What is expected
Below are records; work out how many of their lines hold the string "StTable" and give that number alone.

Stored items:

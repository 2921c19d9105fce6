-- ===== src/Capture/Lifetime.antt =====
-- capture.c: the life of an object, from `process_newobj` to `process_freeobj`.
use memory_profiler.Base.{
  ℕ, ◌^◌, ◌<◌, ◌≡◌, refl, sym, ap, ◌∙◌, Bool, true, false, not, none, some, ◌==◌, if◌then◌else◌,
  arith, add_size, subst,
}
use memory_profiler.Ruby.{Ruby, StTable}
use memory_profiler.Allocations.{Allocations}
use memory_profiler.Table.Layout.{Table}
use memory_profiler.Table.Slots.{scan}
use memory_profiler.Table.Holds.{IsLive, IsValid}
use memory_profiler.Capture.State.{
  Capture, World, Called, returned, threw, Run, finished, raised, fault, Surroundings, inc_int,
  dec_int, pause,
}
use memory_profiler.Capture.Process.{call_if, process_newobj, process_freeobj}
use memory_profiler.Capture.Calls.{Leaves, paused-captures}
use memory_profiler.Capture.Newobj.{
  Ready, StoredAfter, Newobj, ignored, tracked, counted_capture, process_newobj-Newobj,
}
use memory_profiler.Capture.Counting.{Counting, known, created}
use memory_profiler.Capture.Stores.{Stores}
use memory_profiler.Capture.Freeobj.{
  Freeobj, unknown, stale, released, EndedAfter, freed_capture, process_freeobj-Freeobj,
}

module _ ⦃rb : Ruby⦄ (st : StTable) (env : Surroundings st) where
  -- A call that returns.
  abbrev pub Returns : Called st → Type 0
  Returns called = (value : ℕ) × (w : World st) × (called ≡ returned value w)

  module _
      (returns : (callback klass symbol argument : ℕ) (w : World st)
        → Returns (env.call callback klass symbol argument w)) where
    pub call_if-Returns :
        (calls : Bool) (callback klass symbol argument : ℕ) (w : World st)
        → Returns (call_if st env calls callback klass symbol argument w)
    call_if-Returns true callback klass symbol argument w = returns callback klass symbol argument w
    call_if-Returns false callback klass symbol argument w = (rb.q_nil, w, refl)

  -- A new object that was stored, and where.
  abbrev pub IsStored : ℕ → Capture st → Table → ℕ → ℕ → Run st → Type 0
  IsStored self c t klass object run =
      (w' : World st) × (run ≡ finished w')
      × (value : ℕ) × (t' : Table) × (w'.captures self
          ≡ record c { states = some t'; paused = dec_int c.paused })
      × Stores t (record { object = object; klass = klass; data_value = value }) t'

  StoredAfter-IsStored :
      (self : ℕ) (c : Capture st) (t : Table) (klass object : ℕ) (called : Called st) (run : Run st)
      → Returns called
      → StoredAfter st env self c t klass object called run
      → IsStored self c t klass object run
  StoredAfter-IsStored self c t klass object (returned value w) (finished w') r
        (t', shape, stores) =
      (w', refl, value, t', shape, stores)
  StoredAfter-IsStored self c t klass object (returned value w) (raised w') r h = elim h [ ]
  StoredAfter-IsStored self c t klass object (returned value w) fault r h = elim h [ ]
  StoredAfter-IsStored self c t klass object (threw w) run (value, w', e) h =
      absurd (ground (arith, e))

  Counting-tracked :
      (w : World st) (self klass a b : ℕ) (r : Allocations) (classes : st.Table)
      → st.lookup (w.captures self).tracked klass ≡ some a
      → Counting st env (pause st w self) self klass b r classes
      → classes ≡ (w.captures self).tracked
  Counting-tracked w self klass a b r classes e (known b' found) =
      ap (λ (x : Capture st). x.tracked) (paused-captures st self w)
  Counting-tracked w self klass a b r classes e (created absent all) = absurd (
      ground (
        arith,
        sym e
            ∙ ap (λ (x : Capture st). st.lookup x.tracked klass) (sym (paused-captures st self w))
            ∙ absent,
      ))

  pub Newobj-IsStored :
      (returns : (callback klass symbol argument : ℕ) (w : World st)
        → Returns (env.call callback klass symbol argument w))
      (w : World st) (self klass object a : ℕ) (t : Table) (run : Run st)
      → st.lookup (w.captures self).tracked klass ≡ some a
      → Newobj st env w self klass object t run
      → IsStored self
          (counted_capture st env (w.captures self) (w.captures self).tracked)
          t
          klass
          object
          run
  Newobj-IsStored returns w self klass object a t run e (ignored w' absent off same) =
      absurd (ground (arith, sym e ∙ absent))
  Newobj-IsStored returns w self klass object a t run e
        (tracked b r classes before run' counting shape rec after) =
      subst (λ x. IsStored self (counted_capture st env (w.captures self) x) t klass object run)
        (Counting-tracked w self klass a b r classes e counting)
        (StoredAfter-IsStored self (counted_capture st env (w.captures self) classes) t klass object
          (call_if st env (not (r.callback == rb.q_nil)) r.callback klass env.sym_newobj rb.q_nil
            before)
          run (call_if-Returns returns _ _ _ _ _ before) after)

  pub EndedAfter-finished :
      (self : ℕ) (c : Capture st) (called : Called st) (run : Run st)
      → Returns called
      → EndedAfter st env self c called run
      → (w' : World st) × (run ≡ finished w')
        × (w'.captures self ≡ record c { paused = dec_int c.paused })
  EndedAfter-finished self c (returned value w) (finished w') r shape = (w', refl, shape)
  EndedAfter-finished self c (returned value w) (raised w') r h = elim h [ ]
  EndedAfter-finished self c (returned value w) fault r h = elim h [ ]
  EndedAfter-finished self c (threw w) run (value, w', e) h = absurd (ground (arith, e))

  -- A capture after the whole life of an object: both counts are one higher, and the table reads as
  -- before but for the object, which is not in it.
  pub record Lived (c : Capture st) (t : Table) (object : ℕ) (c' : Capture st) : Type 0 where
    pub table : Table
    pub valid : IsValid table
    pub reads :
        (q : ℕ) → IsLive q → scan q table.entries ≡ (if q == object then none else scan q t.entries)
    pub shape : c' ≡ record c {
      states = some table;
      new_count = add_size c.new_count 1;
      free_count = add_size c.free_count 1;
    }

  module _ (self : ℕ)
      (leaves : (callback klass symbol argument : ℕ) (w : World st)
        → Leaves st self (w.captures self) (env.call callback klass symbol argument w))
      (returns : (callback klass symbol argument : ℕ) (w : World st)
        → Returns (env.call callback klass symbol argument w)) where
    freed-Lived :
        (c : Capture st) (w : World st) (t t' : Table) (klass object value a : ℕ) (run : Run st)
        (stores : Stores t (record { object = object; klass = klass; data_value = value }) t')
        → c.paused < 2 ^ 32
        → IsLive object
        → st.lookup c.tracked klass ≡ some a
        → w.captures self ≡ record c {
          states = some t';
          paused = dec_int (inc_int c.paused);
          new_count = add_size c.new_count 1;
        }
        → Freeobj st env w self object stores.valid run
        → (w' : World st) × (run ≡ finished w') × Lived c t object (w'.captures self)
    freed-Lived c w t t' klass object value a run stores lt ok known_ shape
          (unknown w' absent same) =
        absurd (ground (arith, sym (stores.reads object ok) ∙ absent))
    freed-Lived c w t t' klass object value a run stores lt ok known_ shape
          (stale w' entry there lost same) =
        let class : klass ≡ entry.klass = ground (arith, sym (stores.reads object ok) ∙ there) in
        absurd (
          ground (
            arith,
            sym known_
                ∙ ap (st.lookup c.tracked) class
                ∙ ap (λ (x : Capture st). st.lookup x.tracked entry.klass) (sym shape)
                ∙ lost,
          ))
    freed-Lived c w t t' klass object value a run stores lt ok known_ shape
          (released entry b t'' before run' there found gone before_ rec ended) =
        let (w', ran, after) =
          EndedAfter-finished self (freed_capture st env (w.captures self) t'') _ run
            (call_if-Returns returns _ _ _ _ _ before) ended in
        let restored : dec_int (inc_int (dec_int (inc_int c.paused))) ≡ c.paused =
          omega (arith, lt) in
        (
          w',
          ran,
          record {
            table = t'';
            valid = gone.valid;
            reads = λ q ql. gone.reads q ql ∙ ground (arith, stores.reads q ql);
            shape =
                after
                ∙ ap
                    (λ (x : Capture st). record x {
                      states = some t'';
                      paused = dec_int (inc_int x.paused);
                      free_count = add_size x.free_count 1;
                    })
                    shape
                ∙ ap
                    (λ p. record c {
                      states = some t'';
                      paused = p;
                      new_count = add_size c.new_count 1;
                      free_count = add_size c.free_count 1;
                    })
                    restored;
          },
        )

    -- For a tracked class, a capture whose table can take one more object and is not paused 2 ^ 32
    -- times, a live address, and callbacks that return and leave the capture as it is: when a new
    -- object is processed and then the same object as freed, both runs finish, one is added to the
    -- capture's counts of new and of freed objects, the capture is as paused as before, and every live
    -- address reads in the table as before but the object's, which has no entry.
    pub process_newobj-Lived :
        (w : World st) (klass object a : ℕ) (t : Table)
        → st.lookup (w.captures self).tracked klass ≡ some a
        → (w.captures self).states ≡ some t
        → (w.captures self).paused < 2 ^ 32
        → Ready st env t
        → IsLive object
        → (w1 w2 : World st) × (process_newobj st env w self klass object ≡ finished w1)
          × (process_freeobj st env w1 self object ≡ finished w2)
          × Lived (w.captures self) t object (w2.captures self)
    process_newobj-Lived w klass object a t known_ there lt ready ok =
        let c = w.captures self in
        let (w1, first, value, t', shape, stores) =
          Newobj-IsStored returns w self klass object a t _ known_
            (process_newobj-Newobj st env self leaves w klass object t there lt ready ok) in
        let paused : (w1.captures self).paused ≡ c.paused =
          ap (λ (x : Capture st). x.paused) shape ∙ omega (arith, lt) in
        let (w2, second, lived) =
          freed-Lived c w1 t t' klass object value a _ stores lt ok known_ shape (
            process_freeobj-Freeobj st env self leaves w1 object stores.valid
              (ap (λ (x : Capture st). x.states) shape) (omega (arith, paused, lt)) ok) in
        (w1, w2, first, second, lived)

Result of the exercise
2